I just take my bride with me and I have never got cold.lol


----------



## U of M Fan (May 8, 2005)

I layer. I wear a good pair of long johns, GORE Windstopper, and for the outer layer I wear Cabelas MT50 bibs and Parka (waterproof and scent-lok). I hunt in the western U.P. and I havent gotten cold yet. I wear LaCrosse Icemans with a good pair of Merlino wool socks. As far as gloves goes, I wear a thin pair of scent lok (tight fitting gloves) under a pair of Gore Windstopper mittens. I wear a base layers head cover with a tight fitting camo face cover over that. I wear a scent lok camo winter hat. I think I can do better boot wise but all in all I stay pretty warm.


----------



## Macker13 (Oct 1, 2007)

brdhntr said:


> Should have spent the money on a Heater Body Suit. I have never even felt chilled where my 1200 gram insulated rubber boots while wearing the suit down to negative temps.


 And here my friends is the winner!


----------



## ifitsbrownitsdown (Oct 6, 2008)

pumpfake said:


> I just take my bride with me and I have never got cold.lol


 
Savage, now only if you can get her to shave her arm pits it wouldnt be like cuddling an ape :SHOCKED:.......Im kidding pumpfake, she is very handsome. :corkysm55


----------



## SCOOTER3148 (Jan 7, 2007)

For boots go with Mickey Mouse boats from an army surplus store they are water proof and the warmest boats I have ever worn cost is about $100.
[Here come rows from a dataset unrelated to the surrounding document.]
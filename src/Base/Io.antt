-- ===== src/Base/Io.antt =====
-- A call that may change the state it runs in and may fail: what it changed before it failed stays
-- changed.
use mathlib.Core.Bool.{Bool, true}
use mathlib.Core.Path.{◌≡◌}
use mathlib.Core.Logic.{inl, inr}
use native.Mathlib.Omega.{arith}
use mathlib.Core.Option.{Option, none, some}
use yuliya_bachelorarbeit.Base.Tests.{if◌then◌else◌, Bool-cases, Option-cases}
use yuliya_bachelorarbeit.Base.Outcome.{Result, ok, err, Result-cases}

abbrev pub Io : Type 0 → Type 0 → Type 0 → Type 0
Io S E A = S → Result E A × S

abbrev pub pure : {S E A : Type 0} → A → Io S E A
pure a s = (ok a, s)

abbrev pub fail : {S E A : Type 0} → E → Io S E A
fail e s = (err e, s)

abbrev continue : {S E A B : Type 0} → Result E A → (A → Io S E B) → Io S E B
continue (ok a) f s = f a s
continue (err e) f s = (err e, s)

infixl 5 ◌>>=◌ ◌>>◌
abbrev pub ◌>>=◌ : {S E A B : Type 0} → Io S E A → (A → Io S E B) → Io S E B
◌>>=◌ m f s = let (r, s') = m s in continue r f s'

abbrev pub ◌>>◌ : {S E A B : Type 0} → Io S E A → Io S E B → Io S E B
m >> k = m >>= λ _. k

-- A call that only reports whether it failed, and one that returns a value unless it failed.
abbrev pub attempt : {S E : Type 0} → (S → Bool × S) → E → Io S E (Unit {0})
attempt call e s = let (done, s') = call s in ((if done then ok tt else err e), s')

abbrev pub obtain : {S E A : Type 0} → (S → Option A × S) → E → Io S E A
obtain call e s = let (found, s') = call s in (elim found [ none ↦ err e | some a ↦ ok a ], s')

-- A call whose failure is only logged.
abbrev pub ignore : {S : Type 0} → (S → Bool × S) → S → S
ignore call s = (call s).1

abbrev pub step : {S E : Type 0} → (S → S) → Io S E (Unit {0})
step f s = (ok tt, f s)

-- A chain succeeds only if its first call does, and then it is the rest.
pub attempt->>-ok :
    {S E B : Type 0} (call : S → Bool × S) (e : E) (rest : Io S E B) (s : S) {b : B}
    → ((attempt call e >> rest) s).0 ≡ ok b
    → ((call s).0 ≡ true) × ((attempt call e >> rest) s ≡ rest (call s).1)
attempt->>-ok call e rest s done = elim (Bool-cases (call s).0) [
  | inl good ↦ (good, rw good)
  | inr bad ↦ absurd (ground (arith, bad, done))
]

pub obtain->>=-ok :
    {S E A B : Type 0} (call : S → Option A × S) (e : E) (rest : A → Io S E B) (s : S) {b : B}
    → ((obtain call e >>= rest) s).0 ≡ ok b
    → (a : A) × ((call s).0 ≡ some a) × ((obtain call e >>= rest) s ≡ rest a (call s).1)
obtain->>=-ok call e rest s done = elim (Option-cases (call s).0) [
  | inl gone ↦ absurd (ground (arith, gone, done))
  | inr (a, found) ↦ (a, found, rw found)
]

pub >>=-ok :
    {S E A B : Type 0} (m : Io S E A) (rest : A → Io S E B) (s : S) {b : B}
    → ((m >>= rest) s).0 ≡ ok b
    → (a : A) × ((m s).0 ≡ ok a) × ((m >>= rest) s ≡ rest a (m s).1)
>>=-ok m rest s done = elim (Result-cases (m s).0) [
  | inl (a, good) ↦ (a, good, rw good)
  | inr (e, bad) ↦ absurd (ground (arith, bad, done))
]
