-- ===== src/Lib.antt =====
-- The time synchronisation of ESP32 boards: a server broadcasts packets with its time, each board's
-- radio stamps them and the beacons of its access point, and the client turns these observations into
-- a server time for any local time.
--
--   Packet      crates/clock-sync/src/lib.rs, SyncPacket: its bytes, parsing and the search in a frame.
--   Isqrt       the same file, isqrt_u128: Newton's loop by recursion on accessibility, with no fuel.
--   Window      the same file: the array, head and count that Estimator and LinearTracker share,
--               against the list of the samples, oldest first.
--   Estimator   the same file, Estimator: the window, refit with its loops, and the queries.
--   AlphaBeta   the same file, AlphaBetaFilter.
--   Tracker     the same file, LinearTracker.
--   Client      crates/clock-sync-client/src/lib.rs: the statics as one record, rx_cb, one round of
--               each task (Client/Tasks), the conversions and the queries of the handle; install is in
--               Client/Install. Client/Session and Client/Agreement put boards, packets, beacons and an
--               event together.
--   Server      crates/clock-sync-server/src/main.rs: the datagrams of the loop of main, when they leave
--               (Timing), and bind_to_device with what comes before the loop (Setup).
--   Capture     crates/clock-sync-test/src/mcpwm_cap.rs: the capture timer's statics as one record, its
--               polls, calibration and conversions; Capture/System has the loop of the software capture
--               as steps of any number of contexts.
--   TestRig     crates/clock-sync-test/src/main.rs: the pulse schedule, the lines of both tasks, and
--               the parsing of a BSSID. TestRig/Verdict puts two boards and the skew meter together.
--   Firmware    crates/clock-sync-firmware/src/main.rs: read_line on what its reads return, and the
--               lines of the heartbeat; Firmware/Connection has the rounds of connection, and
--               Firmware/Boot the prompt of main with the address of the server.
--   SkewMeter   crates/skew-meter/src/main.rs: the loop of main on its events, DirStats (Stats),
--               parse_line (Parse), the printed lines (Report), the readers of the ports
--               (Reader), and main with its clock, its channel and its prints (Loop).
--   Text        the string functions of Rust's library that these programs use, on code points.
--   Prelude     shared names, tests, lists, signed integers and machine words.
--
-- A method that changes its object returns the new state. A number is native; an i128 or i64 is a ℤ
-- in its range. Checked arithmetic, divisions and indices go through Exec, whose panic stands for what
-- Rust does with overflow checks; a theorem without panic holds for builds without the checks too.
-- Wrapping and saturating operations and casts are written out. The client's callback runs the packet
-- search of Packet, feeds two filters and the channel; the consumer feeds the two estimators. The test
-- rig asks the client for the time of an edge that Capture has found and prints a line for it, which
-- the skew meter parses and matches with the edges of the other board.
--
-- Not modelled: the radio driver, clocks and sockets, whose readings are arguments; logging, the
-- start of the boards' hardware and network, the console, the capture timer's registers, which the
-- hardware latches, and the command line. The client's channel is code of embassy_sync: its
-- try_send is a parameter with its documentation as the hypothesis IsTrySend, and receive takes the
-- oldest of the events that wait. The square root of an f64 is a parameter of the statistics, and the
-- index of the percentile is the quotient of whole numbers. A read of several statics in one query is
-- one step.
-- Samples in range are server times below 2^72 ns and local times below 2^62 µs, within which no
-- intermediate result leaves its type. A frame's timestamp is taken for the 32 low bits of the TSF
-- that the callback reads, as the code does; a comment in rx_cb says that on the ESP32 the two are
-- different clocks, and the theorems say nothing of how far the time so found is from the reception.
-- The filters of the client are ready for some thousand beacons from a new one, whatever these say.
pub mod Prelude
pub mod Packet
pub mod Text
pub mod Isqrt
pub mod Window
pub mod Estimator
pub mod AlphaBeta
pub mod Tracker
pub mod Capture
pub mod Client
pub mod SkewMeter
pub mod TestRig
pub mod Firmware
pub mod Server
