-- ===== src/Prelude/Panic.antt =====
-- A computation that may panic: an arithmetic overflow in a build with overflow checks, a division
-- by zero, or an index out of range.
use mathlib.Core.Path.{◌≡◌, refl}

pub data Exec {ℓ} (A : Type ℓ) : Type ℓ where
  ret : A → Exec A
  panic : Exec A

infixl 5 ◌>>=◌
abbrev pub ◌>>=◌ {ℓ κ} : {A : Type ℓ} {B : Type κ} → Exec A → (A → Exec B) → Exec B
ret a >>= f = f a
panic >>= f = panic

pub bind_ret {ℓ} : {A : Type ℓ} (e : Exec A) → (e >>= ret) ≡ e
bind_ret (ret a) = refl
bind_ret panic = refl

-- A run of two parts, where the second goes on from each result of the first.
pub bind_then {ℓ} :
    {A : Type ℓ} (e : Exec A) (f g : A → Exec A) (k : A → Exec A)
    → ((a : A) → f a ≡ (g a >>= k))
    → (e >>= f) ≡ (e >>= g >>= k)
bind_then (ret a) f g k h = h a
bind_then panic f g k h = refl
ya what he said. get to white ones for coldest you cant beat these boots by far the warmest lightest boot ya ever have. once you have a pair ya dont know how good they are till ya dont were them one night and ya toes freeze and ya like i wish i wore my mickeys.


----------



## Liv4Huntin' (May 24, 2000)

Has anyone tried the (is it... Arctic Shield?) .... the one they advertise that they'll buy back if you get cold?

Not until this year has the cold bothered me so much. Perhaps it's time to investigate the Heater Body Suit.....

~m~


----------



## swamptromper (Sep 10, 2006)

Every season, I look for the specials at miejers/kmart/walmart. Usually in Feb. This is the time when I attempt to pick up thermal underwear. I try to find the heaviest weight in the biggest size. As I dress for heading out I layer up. My smallest and lightest stuff goes on first, then the rest is added dependent on weather conditions and what the agenda is for the day (sitting/stalking).

I have two lightweight nylon pullover jackets, mostly to stop the wind from getting thru. I have had both of these since college. Only use em for hunting.

I finally broke (literally $) down and bought the best camo outer jacket, that I could find. This proved to be the missing link for me. Since adding this outer jacket, my days afield have been more enjoyable.

I dont feel like the little brother in the christmas story anymore.

I dont think I will ever solve the cold feet situation. but that was another post.


----------



## buckslayerII (Jan 4, 2005)

Isn't it fun to talk about warm clothes on a cold, blustery winter day:lol:

Anyways, a couple thoughts:
1. I think everyone's body reacts differently to cold. What works for one person, might not for another for any given number of reasons.

2. Many people say the Mickey Mouse boots are the warmest thing they've ever worn. I, on the other hand, found them to be way too heavy and not very warm at all.

3. After trying many different things to keep my feet warm, I gave the Arctic Shield Boot Insulators a whirl this year for my all-day sits. Finally, something that kept my feet comfy all day.

4. A few years ago, I started wearing a down vest for long sits in cold weather. Again, that works great for me in retaining body heat.

5. Unless it's pretty warm out, I always put on a windproof hat once I reach my stand. Nothing beats a nice warm head. Add a neck gaitor and all is toasty.

Just my 2 cents............


----------



## Bwana (Sep 28, 2004)

I wear layers. I start with the base layer of the Cabelas ECWCS and the mid layer followed by Bibs and a Parka.


----------



## Bwana (Sep 28, 2004)

U of M Fan said:


> and for the outer layer I wear Cabelas MT50 bibs and Parka (waterproof and scent-lok).


How noisy is this stuff when it gets cold? I have a Cabelas Parka with the Dry Plus technology and the thing is noisy when the temperature drops. I am considering the MT50 Bibs/Parka and would be interested in your response. Thanks.


----------